Please wait for someone who knows more than me to respond before starting.
By using and saving all these, it sounds like you do similar to what I do, and probably most people on here. It's a little simpler for me, though, as I do almost entirely all silver.
That said, this is what I do with my PM-containing papers and filters: put them in a crucible (or melting dish), cover with borax with some sodium carbonate (soda ash) and melt to ~1100ºC. I still have the first crucible I got, it's not the prettiest, so I use it just for melting junk such as this that will later be refined.
What happens:
silver chloride melted with sodium carbonate will give you silver. silver nitrate heated to 444ºC should decompose into silver and NOx gas (DO NOT BREATH FUMES). silver oxide heated to 280ºC should decompose into silver and oxygen. auric chloride (AuCl3) heated to 254ºC should decompose into gold and chlorine gas (DO NOT BREATH FUMES). all pure metals will just melt together.
Needless to say, do this in a well ventilated area. It may be the case that the NOx and chlorine gas isn't good for certain refractory materials, but I don't know which ones and I haven't observed this to be the case with what I use (graphite crucible and insulating fire brick furnace).
Once melted, pour into large (~20 liter / 5 gallon) metal bucket (I use a 5 gallon plastic bucket with a metal dish that nearly covers the bottom - seems to work well enough) with water (do not get hot crucible / dish wet), wait for it to cool, recover metal flakes, refine as you estimate what's in it (maybe inquarter, maybe dissolve in nitric, etc.)
I remember reading on here once that sodium carbonate, when added to a melt, will reduce metal oxides (copper oxide -> copper, for example). ah, found it:
http://goldrefiningforum.com/phpBB3/viewtopic.php?f=56&t=8264&p=77051&hilit=soda+ash+reduce+oxides#p77051

From reading Harold's post on incineration, I agree that a non-furnace burning is best/quickest. I've had success, though, with my furnace incinerating these papers. I've tried incinerating in an open pan, and it was really annoying when wind would pick up and blow dust away - furnace does protect against that. It does go slower than you'd expect of burning paper. But time was needed for metals to melt anyways, so I didn't see much harm.


----------



## Geo (Mar 10, 2012)

mystic, that is the proper process for silver. for gold, i don't think you need flux when you incinerate your filters. at least Harold never told me to. the main thing is to make sure the material is consumed to white ash. if you do this in a pyroceram dish you can go right to dissolution without moving the ashes. i use a stainless steel pan. ive gone through two so far as the acids are tough on the metal.


----------



## Harold_V (Mar 10, 2012)

MysticColby said:


> I've tried incinerating in an open pan, and it was really annoying when wind would pick up and blow dust away


Yep, dusting is a real problem when one incinerates. I learned that very early on. It's the reason that I included a filter system in my hood. I'd recover roughly eight ounces of gold about every two years when cleaning out the hood (I created an accumulation chamber as part of the design). That did not include the amount that was recovered from filters. That amount was never determined, as the ash was stored and processed along with all my other wastes, just prior to selling the refining business. 

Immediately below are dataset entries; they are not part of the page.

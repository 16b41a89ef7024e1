-- ===== src/Receipts/Repo.antt =====
-- src/orphan_reconcile/repo.rs and src/webhook_receipt/repo.rs: the match of a receipt with a sent
-- message, the promotion of a receipt, and what happens to one without a match.
use messgr.Base.{
  ℕ, ◌+◌, ◌*◌, String, Bool, true, false, ◌&&◌, ◌||◌, not, Option, none, some, List, [], ◌∷◌, ◌++◌,
  ltb, leb, if◌then◌else◌, ◌==◌, any, keep, find, nat_eq, string_eq, option_eq, list_eq,
}
use messgr.Zone.{day_ms}
use messgr.Store.Tables.{Db, Event, Request, Suppression, OrphanEvent, StagingReceipt}
use messgr.Store.Exec.{Exec, pure, ◌>>=◌, ◌>>◌, utc_now, query, execute, transaction}
use messgr.Dispatcher.Queries.{insert_event, finalize}
use messgr.Receipts.Status.{auto_suppress_reason}

pub data ReceiptError : Type 0 where
  database vault encryption : ReceiptError

pub record Match : Type 0 where
  pub comms_request_id : ℕ
  pub comms_request_created_at : ℕ
  pub customer_id : ℕ
  pub current_final_status : Option String
  pub destination_hmac : List ℕ

abbrev pub match_of : Event → Request → Match
match_of ce cr = record {
  comms_request_id = cr.id;
  comms_request_created_at = cr.created_at;
  customer_id = cr.customer_id;
  current_final_status = cr.final_status;
  destination_hmac = cr.destination_hmac;
}

-- `ORDER BY occurred_at DESC, comms_request_id DESC`
abbrev pub is_newer : Event → Event → Bool
is_newer a b =
    ltb b.occurred_at a.occurred_at
    || ((a.occurred_at == b.occurred_at) && ltb b.comms_request_id a.comms_request_id)

abbrev pub newer : Option (Event × Request) → Option (Event × Request) → Option (Event × Request)
newer none b = b
newer (some a) none = some a
newer (some a) (some b) = if is_newer b.0 a.0 then some b else some a

-- The row of the join for one event; ids of the ledger are unique.
unfoldable pub join_event : Event → List Request → Option (Event × Request)
join_event ce ledger = elim (find (λ (cr : Request). cr.id == ce.comms_request_id) ledger) [
  | none ↦ none
  | some cr ↦ some (ce, cr)
]

abbrev pub has_ref : String → Event → Bool
has_ref provider_ref ce = (ce.provider_ref == provider_ref) && not (ce.provider_ref == "")

unfoldable pub newest_match : String → List Event → List Request → Option (Event × Request)
unfolding join_event
newest_match provider_ref [] ledger = none
newest_match provider_ref (ce ∷ rest) ledger =
    newer (if has_ref provider_ref ce then join_event ce ledger else none)
      (newest_match provider_ref rest ledger)

abbrev pub matched : Option (Event × Request) → Option Match
matched none = none
matched (some (ce, cr)) = some (match_of ce cr)

unfoldable pub find_match : String → Exec ReceiptError (Option Match)
unfolding newest_match
find_match provider_ref =
    query database (λ db. matched (newest_match provider_ref db.events db.ledger))

-- `INSERT … ON CONFLICT (destination_hmac) DO UPDATE … WHERE EXCLUDED.review_at > …`
unfoldable pub upsert_suppression : Suppression → List Suppression → List Suppression
upsert_suppression new [] = new ∷ []
upsert_suppression new (s ∷ rest) =
    if s.destination_hmac == new.destination_hmac
    then (if ltb s.review_at new.review_at
        then record s { reason = new.reason; review_at = new.review_at }
        else s)
      ∷ rest
    else s ∷ upsert_suppression new rest

abbrev pub suppress_days : ℕ
suppress_days = 365

abbrev pub suppress_for : Option String → List ℕ → ℕ → Db → Db
suppress_for none destination_hmac now db = db
suppress_for (some reason) destination_hmac now db = record db {
  suppression =
      upsert_suppression
        (record {
          destination_hmac = destination_hmac;
          reason = reason;
          added_at = now;
          review_at = now + suppress_days * day_ms;
        })
        db.suppression;
}

-- The parts of a receipt that its promotion reads.
pub record Receipt : Type 0 where
  pub occurred_at : ℕ
  pub event_type : String
  pub provider_ref : String
  pub provider_status : Option String

abbrev pub event_of : Match → Receipt → Option (List ℕ) → Event
event_of m r ciphertext = record {
  comms_request_id = m.comms_request_id;
  customer_id = m.customer_id;
  occurred_at = r.occurred_at;
  event_type = r.event_type;
  provider_ref = r.provider_ref;
  provider_status = r.provider_status;
  provider_payload = ciphertext;
}

abbrev pub advance_status : Match → Receipt → Bool → Exec ReceiptError (Unit {0})
advance_status m r false = pure tt
advance_status m r true = do
  now ← utc_now
  execute database (λ db. record db {
    ledger = finalize m.comms_request_created_at m.comms_request_id r.event_type now db.ledger;
  })

abbrev pub auto_suppress : Match → Option String → Exec ReceiptError (Unit {0})
auto_suppress m none = pure tt
auto_suppress m (some reason) = do
  now ← utc_now
  execute database (suppress_for (some reason) m.destination_hmac now)

unfoldable pub insert_comms_event :
    Match → Receipt → Option (List ℕ) → Bool → Exec ReceiptError (Unit {0})
unfolding auto_suppress_reason
insert_comms_event m r ciphertext advance = do
  execute database (insert_event (event_of m r ciphertext))
  advance_status m r advance
  auto_suppress m (auto_suppress_reason r.event_type)

unfoldable pub delete_orphan : ℕ → Db → Db
delete_orphan id db = record db {
  orphans = keep (λ (o : OrphanEvent). not (o.id == id)) db.orphans;
}

unfoldable pub delete_staging : ℕ → Db → Db
delete_staging id db = record db {
  staging = keep (λ (r : StagingReceipt). not (r.id == id)) db.staging;
}

abbrev pub orphan_receipt : OrphanEvent → Receipt
orphan_receipt o = record {
  occurred_at = o.occurred_at;
  event_type = o.event_type;
  provider_ref = o.provider_ref;
  provider_status = o.provider_status;
}

abbrev pub staging_receipt : StagingReceipt → Receipt
staging_receipt r = record {
  occurred_at = r.occurred_at;
  event_type = r.event_type;
  provider_ref = r.provider_ref;
  provider_status = r.provider_status;
}

-- `promote` of both files, which differ in the table that they delete the receipt from.
unfoldable pub promote_and :
    (Db → Db) → Match → Receipt → Option (List ℕ) → Bool → Exec ReceiptError (Unit {0})
unfolding insert_comms_event
promote_and delete m r ciphertext advance =
    transaction database (insert_comms_event m r ciphertext advance >> execute database delete)

unfoldable pub promote_orphan :
    OrphanEvent → Match → Option (List ℕ) → Bool → Exec ReceiptError (Unit {0})
unfolding promote_and
promote_orphan o m ciphertext advance =
    promote_and (delete_orphan o.id) m (orphan_receipt o) ciphertext advance

unfoldable pub promote_staging :
    StagingReceipt → Match → Option (List ℕ) → Bool → Exec ReceiptError (Unit {0})
unfolding promote_and
promote_staging r m ciphertext advance =
    promote_and (delete_staging r.id) m (staging_receipt r) ciphertext advance

unfoldable pub count_miss : ℕ → List OrphanEvent → List OrphanEvent
count_miss id [] = []
count_miss id (o ∷ rest) =
    (if o.id == id then record o { reconcile_attempts = o.reconcile_attempts + 1 } else o)
    ∷ count_miss id rest

unfoldable pub drop_aged : ℕ → ℕ → List OrphanEvent → List OrphanEvent
drop_aged id cap orphans = keep (λ o. not ((o.id == id) && leb cap o.reconcile_attempts)) orphans

-- Two statements, each on its own.
unfoldable pub record_miss : ℕ → ℕ → Exec ReceiptError (Unit {0})
unfolding count_miss drop_aged
record_miss id cap =
    execute database (λ db. record db { orphans = count_miss id db.orphans })
    >> execute database (λ db. record db { orphans = drop_aged id cap db.orphans })

abbrev pub orphan_of : ℕ → StagingReceipt → OrphanEvent
orphan_of id r = record {
  id = id;
  provider = r.provider;
  provider_ref = r.provider_ref;
  occurred_at = r.occurred_at;
  event_type = r.event_type;
  provider_status = r.provider_status;
  provider_payload_raw = some r.provider_payload_raw;
  reconcile_attempts = 0;
}

-- `fresh` is the `Uuid::new_v4` of the new row.
unfoldable pub to_orphan : ℕ → StagingReceipt → Exec ReceiptError (Unit {0})
to_orphan fresh r = transaction database (
    execute database (λ db. record db { orphans = db.orphans ++ orphan_of fresh r ∷ [] })
    >> execute database (delete_staging r.id))

abbrev pub same_receipt : StagingReceipt → StagingReceipt → Bool
same_receipt a b =
    (a.provider == b.provider)
    && (a.provider_ref == b.provider_ref)
    && (a.event_type == b.event_type)
    && (a.occurred_at == b.occurred_at)

-- `ON CONFLICT (provider, provider_ref, event_type, occurred_at) DO NOTHING`
unfoldable pub insert_staging : StagingReceipt → Exec ReceiptError (Unit {0})
insert_staging r = execute database (λ db.
    if any (same_receipt r) db.staging then db else record db { staging = db.staging ++ r ∷ [] })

Bottom line here is if you intend to incinerate (I don't understand how _*anyone*_ can refine and not do so), making provisions to recover values lost to dusting is a very good idea. 

Harold


----------



## NoIdea (Mar 10, 2012)

Hello - I have over come this problem with my pipe incinerator, see:

http://goldrefiningforum.com/phpBB3/viewtopic.php?f=40&t=13166&p=132065#p132065

As for the portable filter unit, I have yet to clean it, but i did take a peek inside and it will need a clean soon, at which point i will take a photo.

P.S. Before making this unit, i performed the same process using a 50mm inside diameter quartz tube so i could watch. If you have ever seen zone melting, well, this was like zone incineration, a bright red ashing band about 5mm in thickness entering/moving into the black un-ashed material, whilst leaving behind a white/grey ashed product. Everyone should see it, its a bugger i did not take a photo. :roll: 

An Iron pipe will no dought behave differently.

Cheers

Deano


----------



## butcher (Mar 10, 2012)

When I incinerate chloride metal salts, (powders, or even filters), I will give them a wash in a hydroxide solution and rinse well first, my reasoning is that gold chlorides (or gold powder with a chloride salt) are volatile, and also the silver chlorides are volatile.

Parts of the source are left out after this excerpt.